→ **DATA SHOWN**:
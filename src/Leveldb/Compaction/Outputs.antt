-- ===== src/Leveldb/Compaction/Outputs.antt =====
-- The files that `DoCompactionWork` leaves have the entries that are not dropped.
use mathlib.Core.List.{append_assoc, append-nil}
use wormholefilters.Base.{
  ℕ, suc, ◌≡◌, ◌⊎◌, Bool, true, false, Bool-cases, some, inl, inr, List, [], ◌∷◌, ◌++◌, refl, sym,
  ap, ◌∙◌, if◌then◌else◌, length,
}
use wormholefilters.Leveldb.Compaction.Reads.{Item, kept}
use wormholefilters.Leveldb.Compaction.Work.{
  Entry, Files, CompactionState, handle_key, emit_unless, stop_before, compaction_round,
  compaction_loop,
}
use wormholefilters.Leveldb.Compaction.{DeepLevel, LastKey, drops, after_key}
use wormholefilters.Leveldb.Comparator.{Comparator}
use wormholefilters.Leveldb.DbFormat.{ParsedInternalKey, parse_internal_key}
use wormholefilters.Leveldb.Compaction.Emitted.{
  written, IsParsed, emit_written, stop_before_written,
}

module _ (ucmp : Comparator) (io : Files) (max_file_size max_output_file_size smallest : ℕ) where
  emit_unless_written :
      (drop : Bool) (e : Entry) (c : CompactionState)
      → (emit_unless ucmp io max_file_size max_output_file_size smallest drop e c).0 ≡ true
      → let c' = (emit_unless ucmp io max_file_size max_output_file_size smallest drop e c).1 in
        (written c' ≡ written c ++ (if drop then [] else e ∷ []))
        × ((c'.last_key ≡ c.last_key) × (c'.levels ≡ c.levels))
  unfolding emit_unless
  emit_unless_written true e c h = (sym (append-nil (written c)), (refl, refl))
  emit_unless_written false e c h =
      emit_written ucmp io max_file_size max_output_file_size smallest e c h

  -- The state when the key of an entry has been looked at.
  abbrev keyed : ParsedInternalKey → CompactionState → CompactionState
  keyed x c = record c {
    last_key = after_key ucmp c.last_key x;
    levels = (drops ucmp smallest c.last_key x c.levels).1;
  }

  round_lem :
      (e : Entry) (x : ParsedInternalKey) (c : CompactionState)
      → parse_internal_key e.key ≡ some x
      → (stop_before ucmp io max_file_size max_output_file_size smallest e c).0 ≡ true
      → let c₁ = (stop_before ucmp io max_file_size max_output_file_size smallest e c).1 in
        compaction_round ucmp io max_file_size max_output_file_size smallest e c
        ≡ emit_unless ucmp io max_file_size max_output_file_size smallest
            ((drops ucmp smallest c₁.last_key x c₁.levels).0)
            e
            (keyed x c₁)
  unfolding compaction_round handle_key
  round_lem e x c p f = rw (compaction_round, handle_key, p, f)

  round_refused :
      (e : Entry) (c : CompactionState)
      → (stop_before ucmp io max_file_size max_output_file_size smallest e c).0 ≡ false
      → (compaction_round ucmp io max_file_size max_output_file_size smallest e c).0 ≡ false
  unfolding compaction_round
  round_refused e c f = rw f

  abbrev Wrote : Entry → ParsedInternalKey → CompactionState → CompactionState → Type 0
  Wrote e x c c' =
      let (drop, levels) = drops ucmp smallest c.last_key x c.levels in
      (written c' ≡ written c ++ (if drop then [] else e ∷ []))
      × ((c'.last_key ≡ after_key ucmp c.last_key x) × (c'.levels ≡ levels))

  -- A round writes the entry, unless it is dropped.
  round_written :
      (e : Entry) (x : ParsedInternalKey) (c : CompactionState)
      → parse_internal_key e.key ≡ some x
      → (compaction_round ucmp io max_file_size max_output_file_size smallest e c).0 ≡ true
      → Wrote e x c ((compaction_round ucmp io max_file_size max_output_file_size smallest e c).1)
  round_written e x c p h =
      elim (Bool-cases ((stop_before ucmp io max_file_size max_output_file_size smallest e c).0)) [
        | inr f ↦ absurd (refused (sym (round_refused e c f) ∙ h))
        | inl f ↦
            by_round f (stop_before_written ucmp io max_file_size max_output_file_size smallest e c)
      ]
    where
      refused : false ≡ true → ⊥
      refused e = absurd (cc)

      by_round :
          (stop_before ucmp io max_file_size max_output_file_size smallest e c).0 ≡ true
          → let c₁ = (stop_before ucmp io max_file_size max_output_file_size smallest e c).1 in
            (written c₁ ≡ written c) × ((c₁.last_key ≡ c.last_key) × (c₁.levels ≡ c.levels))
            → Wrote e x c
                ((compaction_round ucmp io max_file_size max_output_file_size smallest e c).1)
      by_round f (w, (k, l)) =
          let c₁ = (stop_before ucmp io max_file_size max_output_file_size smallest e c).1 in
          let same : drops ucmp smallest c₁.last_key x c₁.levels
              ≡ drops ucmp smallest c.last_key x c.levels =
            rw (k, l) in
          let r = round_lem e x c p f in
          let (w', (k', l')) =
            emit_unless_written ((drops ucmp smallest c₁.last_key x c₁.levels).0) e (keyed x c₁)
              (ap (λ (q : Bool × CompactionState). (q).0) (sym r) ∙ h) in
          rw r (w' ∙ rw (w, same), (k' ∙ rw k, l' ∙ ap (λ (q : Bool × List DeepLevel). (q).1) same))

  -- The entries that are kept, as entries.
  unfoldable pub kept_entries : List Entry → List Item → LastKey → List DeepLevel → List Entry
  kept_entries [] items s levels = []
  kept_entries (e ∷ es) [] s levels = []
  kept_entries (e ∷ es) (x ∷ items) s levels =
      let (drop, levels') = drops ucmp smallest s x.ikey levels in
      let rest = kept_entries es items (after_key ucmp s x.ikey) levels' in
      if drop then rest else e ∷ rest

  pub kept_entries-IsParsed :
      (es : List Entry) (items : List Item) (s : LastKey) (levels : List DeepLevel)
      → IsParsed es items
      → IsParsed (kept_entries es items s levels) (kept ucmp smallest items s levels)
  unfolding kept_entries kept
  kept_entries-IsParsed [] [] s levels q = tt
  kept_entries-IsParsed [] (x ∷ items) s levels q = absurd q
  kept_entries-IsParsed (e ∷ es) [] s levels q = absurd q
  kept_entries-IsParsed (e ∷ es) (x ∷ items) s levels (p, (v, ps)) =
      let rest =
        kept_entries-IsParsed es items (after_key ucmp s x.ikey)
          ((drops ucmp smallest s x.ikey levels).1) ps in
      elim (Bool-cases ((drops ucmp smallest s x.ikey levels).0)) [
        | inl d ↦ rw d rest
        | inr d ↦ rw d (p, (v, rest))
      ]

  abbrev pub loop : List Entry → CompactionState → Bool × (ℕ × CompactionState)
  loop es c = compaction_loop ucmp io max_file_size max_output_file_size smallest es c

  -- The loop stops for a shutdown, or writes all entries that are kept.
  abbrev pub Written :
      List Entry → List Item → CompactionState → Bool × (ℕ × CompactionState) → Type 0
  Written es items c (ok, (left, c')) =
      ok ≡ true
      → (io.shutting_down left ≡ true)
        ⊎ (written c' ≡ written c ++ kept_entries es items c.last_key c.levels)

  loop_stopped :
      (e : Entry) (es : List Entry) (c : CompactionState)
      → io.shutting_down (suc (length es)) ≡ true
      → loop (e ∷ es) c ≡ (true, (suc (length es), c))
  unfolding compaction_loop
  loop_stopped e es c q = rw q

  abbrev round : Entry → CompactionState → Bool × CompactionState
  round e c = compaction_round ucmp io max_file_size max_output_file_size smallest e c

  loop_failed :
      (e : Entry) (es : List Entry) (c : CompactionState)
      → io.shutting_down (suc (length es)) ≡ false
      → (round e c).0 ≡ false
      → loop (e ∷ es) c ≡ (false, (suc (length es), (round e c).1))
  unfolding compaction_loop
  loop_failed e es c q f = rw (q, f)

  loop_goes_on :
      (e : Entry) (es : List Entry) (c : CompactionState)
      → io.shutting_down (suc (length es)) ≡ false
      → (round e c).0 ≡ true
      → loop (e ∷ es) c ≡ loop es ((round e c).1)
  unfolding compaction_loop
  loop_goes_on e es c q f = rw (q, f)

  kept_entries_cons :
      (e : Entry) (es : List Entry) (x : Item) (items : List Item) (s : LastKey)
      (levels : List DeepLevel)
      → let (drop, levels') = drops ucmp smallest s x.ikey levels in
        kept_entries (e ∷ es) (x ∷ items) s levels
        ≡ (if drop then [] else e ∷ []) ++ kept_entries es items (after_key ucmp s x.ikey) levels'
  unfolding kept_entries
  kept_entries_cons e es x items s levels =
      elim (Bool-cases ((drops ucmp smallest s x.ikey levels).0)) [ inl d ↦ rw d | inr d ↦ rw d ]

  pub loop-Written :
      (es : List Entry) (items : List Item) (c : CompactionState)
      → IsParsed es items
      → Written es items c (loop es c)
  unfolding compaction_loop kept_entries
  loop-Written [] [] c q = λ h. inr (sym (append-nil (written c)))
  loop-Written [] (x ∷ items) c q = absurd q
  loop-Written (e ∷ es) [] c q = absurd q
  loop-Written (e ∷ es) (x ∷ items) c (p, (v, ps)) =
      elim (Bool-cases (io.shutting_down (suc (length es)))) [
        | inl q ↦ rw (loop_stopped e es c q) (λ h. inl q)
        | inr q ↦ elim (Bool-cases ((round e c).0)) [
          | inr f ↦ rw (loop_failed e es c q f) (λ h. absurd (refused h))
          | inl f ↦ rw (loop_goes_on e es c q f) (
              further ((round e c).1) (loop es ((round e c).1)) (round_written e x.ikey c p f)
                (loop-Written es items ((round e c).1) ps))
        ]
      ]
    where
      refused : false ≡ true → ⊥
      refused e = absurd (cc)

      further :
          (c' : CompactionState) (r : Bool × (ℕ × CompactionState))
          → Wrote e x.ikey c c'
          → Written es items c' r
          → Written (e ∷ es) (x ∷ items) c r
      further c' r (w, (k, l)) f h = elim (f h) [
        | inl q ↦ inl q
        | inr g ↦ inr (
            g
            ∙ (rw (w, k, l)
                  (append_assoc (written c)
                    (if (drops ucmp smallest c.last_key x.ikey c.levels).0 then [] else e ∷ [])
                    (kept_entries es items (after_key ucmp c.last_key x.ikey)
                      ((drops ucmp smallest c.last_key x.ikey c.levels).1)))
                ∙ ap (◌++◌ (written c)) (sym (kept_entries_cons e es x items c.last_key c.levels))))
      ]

→ **WORK TO BE COMPLETED**: Would you please filter the lines above and copy every one that includes "then"?

→ **EXPECTED ANSWER**:
  ap, ◌∙◌, if◌then◌else◌, length,
        (written c' ≡ written c ++ (if drop then [] else e ∷ []))
      (written c' ≡ written c ++ (if drop then [] else e ∷ []))
      if drop then rest else e ∷ rest
        ≡ (if drop then [] else e ∷ []) ++ kept_entries es items (after_key ucmp s x.ikey) levels'
                    (if (drops ucmp smallest c.last_key x.ikey c.levels).0 then [] else e ∷ [])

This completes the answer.